While these slowdowns are caused most often by driving students going through driver’s ed courses, stoners on the verge of freaking out or overly cautious drivers can also frequently be the cause. Whatever the cause was, one slow driver in Indiana found himself the subject of a tweet over the weekend which has since gone viral and sparked a national conversation on the dangers of slow driving.

Sergeant Stephen Wheeles, Indiana State Police spokesperson for the Versailles district in Southeast Indiana, tweeted an image of a vehicle he pulled over on Saturday, June 16 for what he called a “left lane violation” on I-65. According to his tweet, “the driver had approximately 20 cars slowed behind her because she would not move back to the right lane.” Wheeles added that drivers who have vehicles behind them are obligated to move to the right lanes to allow faster vehicles to pass.

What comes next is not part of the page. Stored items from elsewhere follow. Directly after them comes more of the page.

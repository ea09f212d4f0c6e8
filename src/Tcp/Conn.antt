-- ===== src/Tcp/Conn.antt =====
-- internal/tcp/conn.go: `TCPConn` and the sending of segments. The output function is an argument, a
-- function on a world `W`; `GenerateISN` reads the system's random numbers and its clock, so an
-- initial sequence number is an argument where the code calls it. The log lines are left out.
pub mod Send
use gonet.Prelude.{
  ℕ, ◌&&◌, Option, none, some, List, [], ◌∷◌, ◌++◌, map, ltb, ◌==◌, if◌then◌else◌, length, Result,
  ok, err, panic, uint16_at, be16,
}
use mathlib.Core.Option
use gonet.Tcp.State.{State, StateMachine, InvalidTransition, new_state_machine, transition, closed}
use gonet.Tcp.Header.{Header, TcpOption, marshal, flag_ack, opt_mss}
use gonet.Tcp.Checksum.{ChecksumCalculator, new_checksum_calculator, set_and_compute}

abbrev pub default_mss : ℕ
default_mss = 1460

abbrev pub default_window : ℕ
default_window = 65535

-- `ConnKey` of internal/tcp/conn_table.go.
pub record ConnKey : Type 0 where
  pub src_ip : List ℕ
  pub src_port : ℕ
  pub dst_ip : List ℕ
  pub dst_port : ℕ

pub record TcpConn (W E : Type 0) : Type 0 where
  pub key : ConnKey
  pub state : StateMachine W
  pub snd_isn : ℕ
  pub snd_nxt : ℕ
  pub snd_una : ℕ
  pub snd_wnd : ℕ
  pub rcv_nxt : ℕ
  pub rcv_wnd : ℕ
  pub mss : ℕ
  pub output : List ℕ → W → W × Option E

-- The errors of the connection, ErrUnexpectedSegment and ErrBadAck among them, and a run-time panic.
pub data ConnError (E : Type 0) : Type 0 where
  unexpected_segment bad_ack panicked : ConnError E
  output_failed : E → ConnError E
  transition_failed : InvalidTransition → ConnError E

-- What a method leaves: the connection, the world and its error result.
abbrev pub Step : (W E : Type 0) → Type 0
Step W E = TcpConn W E × W × Option (ConnError E)

unfoldable pub mss_option : ℕ → TcpOption
mss_option mss = record { kind = opt_mss; len = 4; content = be16 mss }

-- The loop of `parseMSS`.
unfoldable pub find_mss : List TcpOption → Option ℕ
find_mss [] = none
find_mss (opt ∷ opts) =
    let rest = find_mss opts in
    if opt.kind == opt_mss && length opt.content == 2 then some (uint16_at opt.content 0) else rest

unfoldable pub parse_mss : Header → Option ℕ
parse_mss h = find_mss h.options

module _ {W E : Type 0} where
  unfoldable pub new_tcp_conn : ConnKey → (List ℕ → W → W × Option E) → TcpConn W E
  new_tcp_conn key output = record {
    key = key;
    state = new_state_machine closed;
    snd_isn = 0;
    snd_nxt = 0;
    snd_una = 0;
    snd_wnd = default_window;
    rcv_nxt = 0;
    rcv_wnd = default_window;
    mss = default_mss;
    output = output;
  }

  unfoldable pub current_state : TcpConn W E → State
  current_state c = c.state.current

  -- `if err := ...; err != nil { return err }` in front of the rest.
  unfoldable pub and_then : Step W E → (TcpConn W E → W → Step W E) → Step W E
  and_then (c, w, none) rest = rest c w
  and_then (c, w, some e) rest = (c, w, some e)

  unfoldable pub checksum_calc : TcpConn W E → ChecksumCalculator
  checksum_calc c = new_checksum_calculator c.key.src_ip c.key.dst_ip

  -- `return c.output(segment)`
  unfoldable pub output_segment : TcpConn W E → Result (ConnError E) (List ℕ) → W → Step W E
  output_segment c (ok segment) w =
      let (w', failed) = c.output segment w in (c, w', Option.map output_failed failed)
  output_segment c (err e) w = (c, w, some e)
  output_segment c panic w = (c, w, some panicked)

  unfoldable pub send : TcpConn W E → Header → List ℕ → W → Step W E
  send c h payload w =
      let marshalled = (marshal h).0 in
      let segment = if ltb 0 (length payload) then marshalled ++ payload else marshalled in
      output_segment c (set_and_compute (checksum_calc c) segment) w

  unfoldable pub new_header : TcpConn W E → ℕ → Header
  new_header c flags = record {
    src_port = c.key.src_port;
    dst_port = c.key.dst_port;
    seq_num = 0;
    ack_num = 0;
    data_offset = 0;
    flags = flags;
    window = c.rcv_wnd;
    checksum = 0;
    urgent = 0;
    options = [];
  }

  unfoldable pub send_ack : TcpConn W E → W → Step W E
  send_ack c w =
      send c (record (new_header c flag_ack) { seq_num = c.snd_nxt; ack_num = c.rcv_nxt }) [] w

  unfoldable pub negotiate_mss : TcpConn W E → Header → TcpConn W E
  negotiate_mss c seg = elim (parse_mss seg) [
    | some peer_mss ↦
        if ltb 0 peer_mss && ltb peer_mss c.mss then record c { mss = peer_mss } else c
    | none ↦ c
  ]

  -- `return c.state.Transition(to)`
  unfoldable pub move : TcpConn W E → State → W → Step W E
  move c to w =
      let (sm, w', failed) = transition c.state to w in
      (record c { state = sm }, w', Option.map transition_failed failed)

As of Monday, June 19, Wheeles’ tweet has been retweeted over 27,000 times, with many commenters joking that Wheeles should move to their states to teach slow drivers a lesson. One user asked Wheeles to clarify if this law also applies to drivers who are going the speed limit, to which the sergeant replied that “the spirit of the law is that since many people drive well above the speed limit, it creates an “accordion effect” as traffic starts backing up behind the slower vehicle.  This is where many of our crashes occur on the interstates. It’s all in the name of safety.”

Should slow drivers get pulled over as frequently as speeding drivers? Was this tweet really in the name of safety?